You might be wondering what's under this sheet....well, this is the size of the hearing assistance device my wife would love to have me use because she says I don’t listen to her…guys…you know what I’m talking about. But the devices we’re going to look at are pretty inexpensive and no bigger than…a small phone...but they may do more harm than good.
Having trouble following conversations in a noisy restaurant? Straining to hear a co-worker in the cafeteria?
Experts at Consumer Reports looked at some affordable, over-the-counter sound amplifiers...most of which are a fraction of the price of prescription hearing aids –– which can cost thousands. Some amplifiers even cost less than $50-dollars. But Consumer Reports says be careful with these penny-saver models.
“So, we found that actually the really cheap ones aren’t that effective at helping people with hearing loss –– and more importantly, they could actually, potentially damage people’s hearing further by over-amplifying loud sounds - like a siren, for instance,” Julia Calderon, Consumer Reports Health Editor.
Two other, pricier, amplifiers –– this $350-dollar Sound World Solutions, C-S-50-Plus –– and this $214-dollar Eteemotick Bean –– did a little bit better, but it’s complicated.
When tested in a lab –– by a professional hearing aid researcher –– both showed promise for people with mild to moderate hearing loss...while also protecting against over-amplification of loud sounds.
Plus, panelists who tried them said they were comfortable and easy to use. But in real-life situations, reactions were mixed.

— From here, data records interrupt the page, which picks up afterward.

-- ===== src/Correlation.antt =====
-- inference/correlation.py: the sliding window of alerts that Redis keeps for each source address.
-- `Scripts` has the two Lua scripts, `Alert` the methods that call them; the other modules prove.
pub mod Scripts
pub mod Keys
pub mod Effects
pub mod Window
pub mod Counting
pub mod Seen
pub mod Replay
pub mod Undo
pub mod Rollback
pub mod Expiry
pub mod Alert
pub mod Request
pub mod Compensation
pub mod Report
pub mod Covers
pub mod Severity
pub mod Master
pub mod Connection
pub mod Handler
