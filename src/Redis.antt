-- ===== src/Redis.antt =====
-- Redis, as inference/correlation.py uses it: a service that the Lua scripts talk to. It is a parameter of the
-- model, `Redis`: a type of states, the commands of the two scripts, and for each command its
-- documented effect on what can be read. A `View` is all that the commands can read of a state.
-- Time stands still while a script runs, so a time to live only changes by a command here.
pub mod Memory
use Prim.Native.String.{String, compare as compare_text}
use ai_cyber_threat_detector.Common.{
  ℕ, suc, zero, ◌+◌, ◌-◌, ◌≡◌, Bool, true, false, Option, none, some, List, [], ◌∷◌, Ordering,
  if◌then◌else◌, ltb, ◌==◌, str_eq, ◌||◌, ◌&&◌, take, is_empty, or_else,
}

-- Lists by key (the head was pushed last), sorted sets by key (in rank order), numbers kept as
-- strings, and the remaining times to live (`none`: no expiry).
pub record View : Type 0 where
  pub lists : String → List String
  pub zsets : String → List (ℕ × String)
  pub nums : String → Option ℕ
  pub ttls : String → Option ℕ

module _ {ℓ} {V : Type ℓ} where
  abbrev pub at : (String → V) → String → V → String → V
  at f k v j = if str_eq k j then v else f j

-- The rank order of a sorted set: by score, then by the members' bytes.
unfoldable pub before : ℕ × String → ℕ × String → Bool
before (a, s) (b, t) =
    ltb a b || ((a == b) && (elim (compare_text s t) [ Ordering.lt ↦ true | _ ↦ false ]))

unfoldable pub zinsert : ℕ × String → List (ℕ × String) → List (ℕ × String)
zinsert e [] = e ∷ []
zinsert e (f ∷ z) = let rest = zinsert e z in if before e f then e ∷ f ∷ z else f ∷ rest

unfoldable pub zwithout : String → List (ℕ × String) → List (ℕ × String)
zwithout m [] = []
zwithout m ((n, j) ∷ z) = let rest = zwithout m z in if str_eq j m then rest else (n, j) ∷ rest

unfoldable pub zmember : String → List (ℕ × String) → Bool
zmember m [] = false
zmember m ((n, j) ∷ z) = str_eq j m || zmember m z

-- `lrem key 1 v`: the first entry that equals `v`
unfoldable pub lwithout : String → List String → List String
lwithout v [] = []
lwithout v (w ∷ l) = let rest = lwithout v l in if str_eq w v then l else w ∷ rest

unfoldable pub lcount : String → List String → ℕ
lcount v [] = 0
lcount v (w ∷ l) = if str_eq w v then suc (lcount v l) else lcount v l

abbrev pub tail_of : List (ℕ × String) → List (ℕ × String)
tail_of [] = []
tail_of (e ∷ z) = z

-- a key whose value has become empty is gone, and its expiry with it
abbrev pub kept {ℓ} : {A : Type ℓ} → List A → Option ℕ → Option ℕ
kept [] t = none
kept (x ∷ xs) t = t

-- What each write does to the view.
unfoldable pub view_zadd : String → ℕ → String → View → View
view_zadd k n m v = record v { zsets = at v.zsets k (zinsert (n, m) (zwithout m (v.zsets k))) }

unfoldable pub view_zpop : String → View → View
view_zpop k v =
    let z = tail_of (v.zsets k) in
    record v { zsets = at v.zsets k z; ttls = at v.ttls k (kept z (v.ttls k)) }

unfoldable pub view_zrem : String → String → View → View
view_zrem k m v =
    let z = zwithout m (v.zsets k) in
    record v { zsets = at v.zsets k z; ttls = at v.ttls k (kept z (v.ttls k)) }

unfoldable pub view_expire : String → ℕ → View → View
view_expire k w v = record v { ttls = at v.ttls k (some w) }

unfoldable pub view_lpush : String → String → View → View
view_lpush k x v = record v { lists = at v.lists k (x ∷ v.lists k) }

unfoldable pub view_ltrim : String → ℕ → View → View
view_ltrim k n v = record v { lists = at v.lists k (take n (v.lists k)) }

unfoldable pub view_lrem : String → String → View → View
view_lrem k x v =
    let l = lwithout x (v.lists k) in
    record v { lists = at v.lists k l; ttls = at v.ttls k (kept l (v.ttls k)) }

unfoldable pub view_incr : String → View → View
view_incr k v = record v { nums = at v.nums k (some (or_else (v.nums k) 0 + 1)) }

unfoldable pub view_decr : String → View → View
view_decr k v = record v { nums = at v.nums k (some (or_else (v.nums k) 0 - 1)) }

unfoldable pub view_set : String → ℕ → ℕ → View → View
view_set k n w v = record v { nums = at v.nums k (some n); ttls = at v.ttls k (some w) }

-- here the deleted keys hold numbers
unfoldable pub view_del : String → View → View
view_del k v = record v { nums = at v.nums k none; ttls = at v.ttls k none }

pub record Redis : Type 1 where
  pub State : Type 0
  pub view : State → View
  pub zadd : String → ℕ → String → State → State
  -- `zremrangebyrank key 0 0`
  pub zpop : String → State → State
  pub zrem : String → String → State → State
  pub expire : String → ℕ → State → State
  pub lpush : String → String → State → State
  -- `ltrim key 0 (n - 1)`
  pub ltrim : String → ℕ → State → State
  -- `lrem key 1 value`
  pub lrem : String → String → State → State
  pub incr : String → State → State
  pub decr : String → State → State
  -- `set key number 'ex' seconds`
  pub set_ex : String → ℕ → ℕ → State → State
  pub del : String → State → State
  pub view-zadd :
      (k : String) (n : ℕ) (m : String) (s : State) → view (zadd k n m s) ≡ view_zadd k n m (view s)
  pub view-zpop : (k : String) (s : State) → view (zpop k s) ≡ view_zpop k (view s)
  pub view-zrem : (k m : String) (s : State) → view (zrem k m s) ≡ view_zrem k m (view s)
  pub view-expire :
      (k : String) (w : ℕ) (s : State) → view (expire k w s) ≡ view_expire k w (view s)
  pub view-lpush : (k x : String) (s : State) → view (lpush k x s) ≡ view_lpush k x (view s)
  pub view-ltrim : (k : String) (n : ℕ) (s : State) → view (ltrim k n s) ≡ view_ltrim k n (view s)
  pub view-lrem : (k x : String) (s : State) → view (lrem k x s) ≡ view_lrem k x (view s)
  pub view-incr : (k : String) (s : State) → view (incr k s) ≡ view_incr k (view s)
  pub view-decr : (k : String) (s : State) → view (decr k s) ≡ view_decr k (view s)
  pub view-set_ex :
      (k : String) (n w : ℕ) (s : State) → view (set_ex k n w s) ≡ view_set k n w (view s)
  pub view-del : (k : String) (s : State) → view (del k s) ≡ view_del k (view s)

“So they seemed to help with things like t-v watching –– but they weren’t so great at deciphering conversations in a noisy environment.”
Which means, if you do decide to try an amplifier, be sure to check the return policy before you buy.
Some amplifiers may be worth a try but the best thing to do is see a hearing specialist, to see if these devices are right for your needs...you definitely don't want to get stuck with a big boat anchor like this.
Also, make sure to check with you health insurance provider to see if they cover any of the cost of hearing aids before possibly being stuck with a big bill.